I spoke to Gary this morning. There are plenty of vending spaces available for selling. Come out and get you're own space to sell or share a space with a friend. It should be a great local swap lots of NOS new departure, morrow etc for sale. A great time to be had for all to buy, sell and trade. Lot's of "old timer" collectors to say hi to as well. I highly recommend it!


----------



## markivpedalpusher (Apr 4, 2011)

Bumping this one up


----------



## Kris Blake (Apr 6, 2011)

I hear they allow the good, the bad AND the ugly...
So I will go, bring my kids and Chris Hammond

Someone please bring a NOS 37 Zep tank for a real cheap price and look for the ugly guy with the slick head.
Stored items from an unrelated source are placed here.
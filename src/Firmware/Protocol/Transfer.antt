-- ===== src/Firmware/Protocol/Transfer.antt =====
-- The copy of the file in the protocol: what the transfer has taken is a front of the file, and all
-- of it when the copy ends.
use canopen_tools.Prelude.{
  ℕ, zero, suc, ◌+◌, ◌≡◌, refl, sym, ap, ◌∙◌, inl, inr, List, [], ◌∷◌, ◌++◌, ◌==◌, length, take,
  drop, Bool-cases, append-nil, append_assoc, take-append-drop,
}
use canopen_tools.Firmware.Device.{
  open_file, read_file, close_file, open_transfer, write, show_progress, close_transfer, Env, M,
  finally, ◌>>◌, perform,
}
use canopen_tools.Firmware.Protocol.{
  Stage, erased, downloading, downloaded, verified, started, confirmed, violation, refused,
  end_transfer,
}
use canopen_tools.Firmware.Protocol.Rules.{
  To, Leads, Leads-perform, Leads-finally, Leads-then, refused_self, Leads-quiet,
}
use canopen_tools.Firmware.Flash.{report, chunk_size, copy_chunk, copy_loop, download}

module _ (content : List ℕ) where
  abbrev pub IsFront : List ℕ → Type 0
  IsFront sent = (left : List ℕ) × (sent ++ left ≡ content)

  -- Within the block transfer.
  abbrev pub InTransfer : Stage → Type 0
  InTransfer (downloading sent) = IsFront sent
  InTransfer _ = ⊥

  -- No call was out of order, and a verified image is the file.
  abbrev pub IsSafe : Stage → Type 0
  IsSafe violation = ⊥
  IsSafe (downloading sent) = IsFront sent
  IsSafe (downloaded sent) = IsFront sent
  IsSafe (verified sent) = sent ≡ content
  IsSafe (started sent) = sent ≡ content
  IsSafe (confirmed sent) = sent ≡ content
  IsSafe _ = Unit

  abbrev Copied : Unit {0} → Stage → Type 0
  Copied u t = t ≡ downloading content

  module _ (env : Env) where
    report-Leads :
        (total size : ℕ) (sent : List ℕ)
        → IsFront sent
        → Leads
            (downloading sent)
            (To InTransfer (λ n t. t ≡ downloading sent))
            (report env total size)
    unfolding report
    report-Leads total size sent front = elim (Bool-cases (size == 0)) [
      | inl empty ↦ rw empty (λ l h. rw h front)
      | inr full ↦ rw full (
          Leads-quiet env (show_progress total size) (downloading sent) InTransfer (λ n. refl)
            front)
    ]

    copy_chunk-Leads :
        (again : ℕ → List ℕ → M (Unit {0})) (size total : ℕ) (left sent : List ℕ)
        → sent ++ left ≡ content
        → ((n : ℕ) (rest more : List ℕ)
            → more ++ rest ≡ content
            → Leads (downloading more) (To InTransfer Copied) (again n rest))
        → Leads (downloading sent) (To InTransfer Copied) (copy_chunk env again size total left)
    unfolding copy_chunk
    copy_chunk-Leads again size total [] sent whole later =
        Leads-then (downloading sent) (downloading sent) InTransfer Copied (perform env read_file) _
          (Leads-quiet env read_file (downloading sent) InTransfer (λ n. refl) ([], whole))
          (λ n l h. h ∙ ap downloading (sym (append-nil sent) ∙ whole))
    copy_chunk-Leads again size total (b ∷ left) sent whole later =
        Leads-then (downloading sent) (downloading sent) InTransfer Copied (perform env read_file) _
          (Leads-quiet env read_file (downloading sent) InTransfer (λ n. refl) (b ∷ left, whole))
          λ n.
            Leads-then (downloading sent) (downloading (sent ++ chunk)) InTransfer Copied
              (perform env (write chunk)) _
              (Leads-perform env (write chunk) (downloading sent) InTransfer _ (λ n. refl)
                (b ∷ left, whole))
              λ m.
                Leads-then (downloading (sent ++ chunk)) (downloading (sent ++ chunk)) InTransfer
                  Copied (report env (total + length chunk) size) _
                  (report-Leads (total + length chunk) size (sent ++ chunk) (rest, still_whole))
                  (λ k. later (total + length chunk) rest (sent ++ chunk) still_whole)
      where
        chunk : List ℕ
        chunk = take chunk_size (b ∷ left)

        rest : List ℕ
        rest = drop chunk_size (b ∷ left)

        still_whole : (sent ++ chunk) ++ rest ≡ content
        still_whole =
            append_assoc sent chunk rest
            ∙ ap (λ (t : List ℕ). sent ++ t) (take-append-drop chunk_size (b ∷ left))
            ∙ whole

    copy_loop-Leads :
        (fuel size total : ℕ) (left sent : List ℕ)
        → sent ++ left ≡ content
        → Leads (downloading sent) (To InTransfer Copied) (copy_loop env fuel size total left)
    unfolding copy_loop
    copy_loop-Leads zero size total left sent whole = λ l h. rw h (left, whole)
    copy_loop-Leads (suc fuel) size total left sent whole =
        copy_chunk-Leads (copy_loop env fuel size) size total left sent whole
          (λ n rest more h. copy_loop-Leads fuel size n rest more h)

    -- The download ends with the whole file transferred, or raises with a front of it.
    pub download-Leads :
        (size : ℕ)
        → Leads erased (To IsSafe (λ u t. t ≡ downloaded content)) (download env size content)
    unfolding download
    download-Leads size =
        Leads-then erased erased IsSafe Stored (perform env open_file) _
          (Leads-quiet env open_file erased IsSafe (λ n. refl) tt)
          λ n.
            Leads-finally env close_file erased IsSafe IsSafe Stored Stored _ transferred
              (λ u t n e. e) (λ u t e. rw (refused_self t, e) ([], append-nil content)) (λ t n e. e)
              (λ t e. rw (refused_self t) e) (λ t e. e)
      where
        Stored : Unit {0} → Stage → Type 0
        Stored u t = t ≡ downloaded content

        in_transfer-IsSafe : (t : Stage) → InTransfer t → IsSafe t
        in_transfer-IsSafe (downloading sent) h = h
        in_transfer-IsSafe _ h = elim h [ ]

        closed : (t : Stage) → InTransfer t → IsSafe (end_transfer t)
        closed (downloading sent) h = h
        closed _ h = elim h [ ]

        failed : (t : Stage) → InTransfer t → IsSafe (refused t (end_transfer t))
        failed (downloading sent) h = h
        failed _ h = elim h [ ]

        transferred : Leads erased (To IsSafe Stored) (do
          perform env (open_transfer size)
          finally
              (copy_loop env (suc (length content)) size 0 content)
              (perform env close_transfer))
        transferred =
            Leads-then erased (downloading []) IsSafe Stored (perform env (open_transfer size)) _
              (Leads-perform env (open_transfer size) erased IsSafe _ (λ n. refl) tt)
              λ n.
                Leads-finally env close_transfer (downloading []) InTransfer IsSafe Copied Stored _
                  (copy_loop-Leads (suc (length content)) size 0 content [] refl) (λ u t n e. rw e)
                  (λ u t e. rw e ([], append-nil content)) (λ t n. closed t) failed
                  in_transfer-IsSafe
The guy he's with (me) really needs the tank
 lol


----------



## Luckykat32 (Apr 6, 2011)

There's no time...does anyone know what time it starts?


----------



## DMNCLNR (Apr 6, 2011)

Looks like I'm gonna have to go straight from work to pull this one off!


----------



## reelbikes (Apr 6, 2011)

Sorry about that. It starts at 6:30am goes till about 12noon or whenever we run out of Fish Tales.


----------



## DonChristie (Apr 7, 2011)

When I mapquest 5321 System drive, HB I get Newland & Hamilton. So where is it again? Thanks!


----------



## DMNCLNR (Apr 7, 2011)

http://maps.google.com/maps?hl=en&q...code_result&ct=image&resnum=1&ved=0CBUQ8gEwAA


----------



## DMNCLNR (Apr 7, 2011)

I got my spot~ hopefully it does not rain...


----------



## DonChristie (Apr 7, 2011)

Thanks for the direction!


----------



## Robertriley (Apr 9, 2011)

How many spaces have been sold?


----------



## reelbikes (Apr 12, 2011)

*Good Show in So Cal*

Even Chip Foose found some Treasures.


----------



## Luckykat32 (Apr 12, 2011)

This was absolutely hands down the best bicycle swapmeet I've been too & dare I say the best selection of NOS parts (at least on the west coast)  I picked up at least $500 worth of items for $200, some of them being NOS...thanks Gary!  If I could go back there at least once a month, I'd be a happy camper...poor, but happy...simply amazing.


----------